Helen Craddock Perkin (25 February 1909 – 19 October 1996) was an English pianist and composer, best known today for her association with John Ireland during the 1920s and 1930s.[1]
Early career
Perkin was born in Hackney, London, the youngest of six children. Her mother was a pianist, and from the age of 11 she took lessons from Arthur Alexander. At 16 she entered the Royal College of Music, continuing her lessons with Alexander, and subsequently (through the Octavia Travelling Scholarship),[2] studied orchestration with Anton Webern in Vienna and piano with Eduard Steuermann.[3] She first took composition lessons from John Ireland in 1927, and in 1930 won the Cobbett Competition with her one movement Phantasy Quartet.[4] That year she was the soloist in Prokofiev's Third Piano Concerto at the RCM, conducted by Malcolm Sargent. By then she was broadcasting regularly as a pianist, with a repertoire that soon stretched from Haydn and Schubert through to Ibert, Ravel, Berg and Egon Wellesz.[5]
Meanwhile, Ireland was working on his own piano concerto with Perkin in mind as the soloist.[1] He dedicated his Piano Concerto in E♭ to her and she performed its premiere on 30 October 1930 at the Queen's Hall Proms. There are musical references to her Phantasy Quartet in the first movement. She was also the soloist for the first performance of Ireland's Legend in 1934, again at Queen's Hall.[6]
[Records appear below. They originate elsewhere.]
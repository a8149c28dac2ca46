-- ===== src/Strings/Moving.antt =====
-- The two memmoves against a copy of the bytes as they were.
use operating_system_assignm.Prelude.{
  ℕ, zero, suc, ◌+◌, ◌-◌, ◌≤◌, ◌<◌, ◌≡◌, ◌≢◌, ◌⊎◌, inl, inr, refl, ap, ◌∙◌, arith, leb, ltb, ◌&&◌,
  if◌then◌else◌, update, dec_lt,
}
use operating_system_assignm.Strings.{copy_down, copy_up, memmove, user_memmove}

-- The `n` bytes from `src` on, at `dst`.
abbrev pub moved : ℕ → ℕ → ℕ → (ℕ → ℕ) → ℕ → ℕ
moved dst src n mem x = if leb dst x && ltb x (dst + n) then mem (src + (x - dst)) else mem x

-- The first byte, then the others.
move_first :
    (n s d : ℕ) (mem : ℕ → ℕ) (x : ℕ)
    → (d ≤ s) ⊎ (s + suc n ≤ d)
    → moved (d + 1) (s + 1) n (update mem d (mem s)) x ≡ moved d s (suc n) mem x
move_first n s d mem x apart = elim (dec_lt d x) [
  | no le ↦ elim (dec_lt x d) [
    | yes below ↦ ground (arith, below)
    | no ge ↦
        let e : s ≡ s + (x - d) = omega arith in
        let here : moved d s (suc n) mem x ≡ mem s = ground (arith, ap mem e) in
        ground (arith, here)
  ]
  | yes above ↦
      let e : s + 1 + (x - (d + 1)) ≡ s + (x - d) = omega arith in
      let off : x < d + suc n → d ≢ s + (x - d) = λ h. (elim apart [
        | inl a ↦ λ q. absurd (omega arith)
        | inr b ↦ λ q. absurd (omega arith)
      ]) in
      let same : x < d + suc n → update mem d (mem s) (s + 1 + (x - (d + 1))) ≡ mem (s + (x - d)) =
        λ h. ap (update mem d (mem s)) e ∙ ground (arith, off h) in
      elim (dec_lt x (d + suc n)) [
        | yes inside ↦ ground (arith, same inside)
        | no past ↦ ground arith
      ]
]

copy_up-moved :
    (n s d : ℕ) (mem : ℕ → ℕ) (x : ℕ)
    → (d ≤ s) ⊎ (s + n ≤ d)
    → copy_up n s d mem x ≡ moved d s n mem x
unfolding copy_up
copy_up-moved zero s d mem x apart = ground arith
copy_up-moved (suc n) s d mem x (inl le) =
    copy_up-moved n (s + 1) (d + 1) (update mem d (mem s)) x (inl (omega arith))
    ∙ move_first n s d mem x (inl le)
copy_up-moved (suc n) s d mem x (inr le) =
    copy_up-moved n (s + 1) (d + 1) (update mem d (mem s)) x (inr (omega arith))
    ∙ move_first n s d mem x (inr le)

-- The last byte, then the others.
move_last :
    (n s d : ℕ) (mem : ℕ → ℕ) (x : ℕ)
    → s ≤ d
    → moved d s n (update mem (d + n) (mem (s + n))) x ≡ moved d s (suc n) mem x
move_last n s d mem x le = elim (dec_lt x (d + n)) [
  | yes before ↦ elim (dec_lt x d) [
    | yes below ↦ ground (arith, below)
    | no ge ↦ let off : d + n ≢ s + (x - d) = λ e. absurd (omega arith) in ground (arith, off)
  ]
  | no after ↦ elim (dec_lt (d + n) x) [
    | yes past ↦ ground (arith, past)
    | no le' ↦
        let e : s + n ≡ s + (x - d) = omega arith in
        let here : moved d s (suc n) mem x ≡ mem (s + n) = ground (arith, ap mem e) in
        ground (arith, here)
  ]
]

copy_down-moved :
    (n s d s_end d_end : ℕ) (mem : ℕ → ℕ) (x : ℕ)
    → s ≤ d
    → s_end ≡ s + n
    → d_end ≡ d + n
    → copy_down n s_end d_end mem x ≡ moved d s n mem x
unfolding copy_down
copy_down-moved zero s d s_end d_end mem x le es ed = ground arith
copy_down-moved (suc n) s d s_end d_end mem x le es ed =
    let es' : s_end - 1 ≡ s + n = omega arith in
    let ed' : d_end - 1 ≡ d + n = omega arith in
    copy_down-moved n s d (s_end - 1) (d_end - 1) (update mem (d_end - 1) (mem (s_end - 1))) x le
      es' ed'
    ∙ ap (λ t. moved d s n (update mem t (mem (s_end - 1))) x) ed'
    ∙ ap (λ t. moved d s n (update mem (d + n) (mem t)) x) es'
    ∙ move_last n s d mem x le

-- After the kernel's `memmove` the bytes at the destination are those that were at the source,
-- also where the two overlap, and no other byte changed.
pub memmove-moved :
    (dst src n : ℕ) (mem : ℕ → ℕ) (x : ℕ) → memmove dst src n mem x ≡ moved dst src n mem x
unfolding memmove
memmove-moved dst src n mem x = elim (dec_lt src dst) [
  | no le ↦ ground (arith, copy_up-moved n src dst mem x (inl (omega arith)))
  | yes lt ↦ elim (dec_lt dst (src + n)) [
    | no past ↦ ground (arith, copy_up-moved n src dst mem x (inr (omega arith)))
    | yes over ↦
        ground (arith, copy_down-moved n src dst (src + n) (dst + n) mem x (omega arith) refl refl)
  ]
]

-- The loop leaves what is below.
copy_up_below : (n s d : ℕ) (mem : ℕ → ℕ) (x : ℕ) → x < d → copy_up n s d mem x ≡ mem x
unfolding copy_up
copy_up_below zero s d mem x below = refl
copy_up_below (suc n) s d mem x below =
    copy_up_below n (s + 1) (d + 1) (update mem d (mem s)) x (omega arith) ∙ ground (arith, below)

copy_up_smears :
    (n s : ℕ) (mem : ℕ → ℕ) (x : ℕ) → s ≤ x → x ≤ s + n → copy_up n s (s + 1) mem x ≡ mem s
unfolding copy_up
copy_up_smears zero s mem x lo hi = ap mem (omega arith)
copy_up_smears (suc n) s mem x lo hi =
    let mem' = update mem (s + 1) (mem s) in
    let start : mem' (s + 1) ≡ mem s = ground arith in
    elim (dec_lt s x) [
      | yes above ↦ copy_up_smears n (s + 1) mem' x (omega arith) (omega arith) ∙ start
      | no le ↦
          let e : x ≡ s = omega arith in
          ap (copy_up n (s + 1) (s + 1 + 1) mem') e
          ∙ copy_up_below n (s + 1) (s + 1 + 1) mem' s (omega arith)
          ∙ ground arith
    ]

-- The `memmove` of ulib.c, asked to move bytes up by one, writes the first byte over all of
-- them.
pub user_memmove-smears :
    (n src : ℕ) (mem : ℕ → ℕ) (x : ℕ)
    → src ≤ x
    → x ≤ src + n
    → user_memmove (src + 1) src n mem x ≡ mem src
unfolding user_memmove
user_memmove-smears n src mem x lo hi = copy_up_smears n src mem x lo hi

pub user_memmove-moved :
    (dst src n : ℕ) (mem : ℕ → ℕ) (x : ℕ)
    → (dst ≤ src) ⊎ (src + n ≤ dst)
    → user_memmove dst src n mem x ≡ moved dst src n mem x
unfolding user_memmove
user_memmove-moved dst src n mem x apart = copy_up-moved n src dst mem x apart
Break with John Ireland and wartime
Fiona Richards suggests that Ireland's relationship with Perkin was "a demanding and possessive one", and she later confessed "the situation became so impossible that a break had to be made".[7] The rift was hastened by her marriage in 1935 to the avant garde architect George Mountford Adie (1901-1989), after which the two ceased to communicate for many years.[1] Ireland eventually removed the dedication to her in the score of the Piano Concerto, and wrote her increasingly vitriolic letters in the 1950s.[6]
Three children were born before 1940.[8] During this period she and her husband met the Russian esotericist P D Ouspensky and became followers. During the war Perkin concentrated on bringing up her children. Although she revived both her composition and performing careers after the war, the long break did affect the scope of her opportunities when compared to higher profile contemporaries such as Eileen Joyce and Myra Hess.[1]
Composer
Perkin began gaining notice as a composer from 1928, when her Theme and Variations for piano was broadcast on BBC Radio. She was 19. The following year her prize-winning Phantasy Quartet was performed by the eminent Spencer Dyke Quartet.[9] A Piano Trio followed in 1931, performed at the Societe National in Paris.[8] Her Episode for piano was performed at the Winter Proms on 2 January 1936, with Perkin as soloist.[10] In 1937 a concert of her chamber music was broadcast by the BBC, including the Piano Trio, the Four Preludes for piano (1933) and Spring Rhapsody for violin and piano, with soloist Antonio Brosa.[11] Her Piano Sonata also received its premiere at Queen's Hall in October 1937.[12] There were further large scale piano works after the war, including Eleven Impressions (1947).[1]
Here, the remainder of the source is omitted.